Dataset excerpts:
____

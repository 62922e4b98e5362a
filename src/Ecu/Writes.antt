-- ===== src/Ecu/Writes.antt =====
-- The server's answers to commands that write.
use vdiag_server.Base.{
  ℕ, ◌≤◌, ◌<◌, ◌≡◌, ◌≢◌, ◌∙◌, refl, sym, ap, false, some, List, [], ◌∷◌, length, inl, inr, arith,
}
use vdiag_server.Base.Ptr.{Ptr}
use vdiag_server.Can.{CanMessage, byte, put, IsMessage}
use vdiag_server.Config.{EcuConfig}
use vdiag_server.Memory.Result.{check_memrange-outside}
use vdiag_server.Os.{Os}
use vdiag_server.Os.Files.{View, IsRegular, splice}
use vdiag_server.Uds.Codes.{code, Nrc, is_positive, UdsError}
use vdiag_server.Uds.Interface.{Locals}
use vdiag_server.Uds.Dispatch.Cases.{write_by_address}
use vdiag_server.Handlers.Region.{IsWrite, wrba_setup_outside}
use vdiag_server.Handlers.Wrba.{wrba_setup, wrba_pack}
use vdiag_server.Handlers.Std.{Machine, std_handlers}
use vdiag_server.Handlers.Std.Write.{with_files, memory_file, write_by_address_lem, written_data}
use vdiag_server.Server.{zero_message}
use vdiag_server.Ecu.{Ecu, write_bytes, answer_command}
use vdiag_server.Ecu.Requests.{Asks, Stands, Answered}
use vdiag_server.Ecu.Promises.{payload-put_zero, put_zero-Fits, promised_write}

module _ (os : Os) (v : View os) (reg : IsRegular os v) (stale : Ptr → Ptr)
    (intact : (p : Ptr) → stale p ≡ p) (c : EcuConfig) where
  -- Both refusals of a write leave the machine as it was.
  refused_write :
      (l : Locals) (req : CanMessage) (m : Machine os.State) (e : Ecu) (rc : Nrc)
      → IsMessage req
      → byte req 0 ≡ 0x3d
      → 0 < req.usz
      → Stands os v c m e
      → is_positive rc ≡ false
      → wrba_setup (some m.uds) req (some l.wrba_param) ≡ (rc, some l.wrba_param)
      → Answered os v stale c l req m (0x7f ∷ 0x3d ∷ code rc ∷ []) e
  unfolding wrba_pack code
  refused_write l req m e rc msg sid some_byte w negative set_up =
      let pay = payload-put_zero (0x7f ∷ 0x3d ∷ code rc ∷ []) 3 refl (omega arith) in
      (
        UdsError.no_error,
        put zero_message (0x7f ∷ 0x3d ∷ code rc ∷ []) 3,
        m,
        rw (write_by_address (std_handlers os stale) l req zero_message some_byte m sid)
            (ground (arith, set_up, negative)),
        pay,
        put_zero-Fits (0x7f ∷ 0x3d ∷ code rc ∷ []) 3 (omega arith),
        w,
      )

  locked_setup :
      (l : Locals) (req : CanMessage) (m : Machine os.State)
      → 2 ≤ req.usz
      → m.uds.uses ≢ 3
      → wrba_setup (some m.uds) req (some l.wrba_param)
        ≡ (Nrc.service_not_supported_in_session, some l.wrba_param)
  unfolding wrba_setup
  locked_setup l req m long shut = ground arith

  pub write_answered :
      (l : Locals) (req : CanMessage) (addr : ℕ) (new : List ℕ) (m : Machine os.State) (e e' : Ecu)
      (bytes : List ℕ)
      → c.memory.end_addr < 4294967296
      → IsMessage req
      → Stands os v c m e
      → Asks req (write_bytes addr new)
      → answer_command c (write_bytes addr new) e ≡ some (bytes, e')
      → Answered os v stale c l req m bytes e'
  unfolding code
  write_answered l req addr new m e e' bytes small msg w (sid, has, enough, fits, sent) said =
      let some_byte : 0 < req.usz = omega (arith, has.complete) in
      let at_addr = has.at_addr in
      let of_size = has.of_size in
      elim (promised_write c addr new e e' bytes said) [
        | inl (locked, reply, same) ↦
            rw (reply, same)
              (refused_write l req m e Nrc.service_not_supported_in_session msg sid some_byte w refl
                (locked_setup l req m (omega (arith, has.complete))
                  (λ x. locked (sym w.session ∙ x))))
        | inr (inl (extended, word, outside, reply, same)) ↦
            rw (reply, same)
              (refused_write l req m e Nrc.request_out_of_range msg sid some_byte w refl (
                wrba_setup_outside m.uds req msg l.wrba_param (rw (at_addr, of_size) word)
                  (w.session ∙ extended)
                  (has.addr_some, has.addr_fits, has.size_some, has.size_fits) has.complete
                  (rw (w.config, at_addr, of_size)
                    (check_memrange-outside c.memory.start_addr c.memory.end_addr addr (length new)
                      word outside))))
        | inr (inr (extended, above, below, room, pos, spare, reply, same_session, grown, left)) ↦
            let con : v.content m.globals.fs (memory_file m) ≡ some e.memory =
              rw w.config w.memory in
            let accepted : IsWrite m.uds req = record {
              region = record {
                addr_some = has.addr_some;
                addr_fits = has.addr_fits;
                size_some = has.size_some;
                size_fits = has.size_fits;
                complete = has.complete;
                above = rw (w.config, at_addr) above;
                below = rw (w.config, at_addr, of_size) below;
              };
              extended = w.session ∙ extended;
              has_data = rw of_size enough;
            } in
            let (t, ran, wrote) =
              write_by_address_lem os v reg stale intact l m req zero_message e.memory msg fits sid
                accepted (rw w.config small) (rw of_size pos) con (omega (arith, w.spare))
                (rw (at_addr, of_size) room) in
            (
              UdsError.no_error,
              put zero_message (0x7d ∷ []) 1,
              with_files m t,
              ran,
              payload-put_zero (0x7d ∷ []) 1 refl (omega arith) ∙ sym reply,
              put_zero-Fits (0x7d ∷ []) 1 (omega arith),
              record {
                config = w.config;
                session = w.session ∙ sym same_session;
                memory =
                    ap (λ (k : EcuConfig). v.content t k.memory.file_path) (sym w.config)
                    ∙ wrote.content
                    ∙ ap (λ (a : ℕ). some (splice a (written_data req) e.memory)) at_addr
                    ∙ ap (λ (bs : List ℕ). some (splice addr bs e.memory)) sent
                    ∙ ap some (sym grown);
                spare = wrote.spare ∙ w.spare ∙ sym left;
              },
            )
      ]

____

What needs to be done:
The response must hold only the lines above from the line with "(check_memrange-outside c.memory.start_addr c.memory.end_addr" through the line with "let con : v.content", each copied exactly, both ends kept.

Exercise output:
                    (check_memrange-outside c.memory.start_addr c.memory.end_addr addr (length new)
                      word outside))))
        | inr (inr (extended, above, below, room, pos, spare, reply, same_session, grown, left)) ↦
            let con : v.content m.globals.fs (memory_file m) ≡ some e.memory =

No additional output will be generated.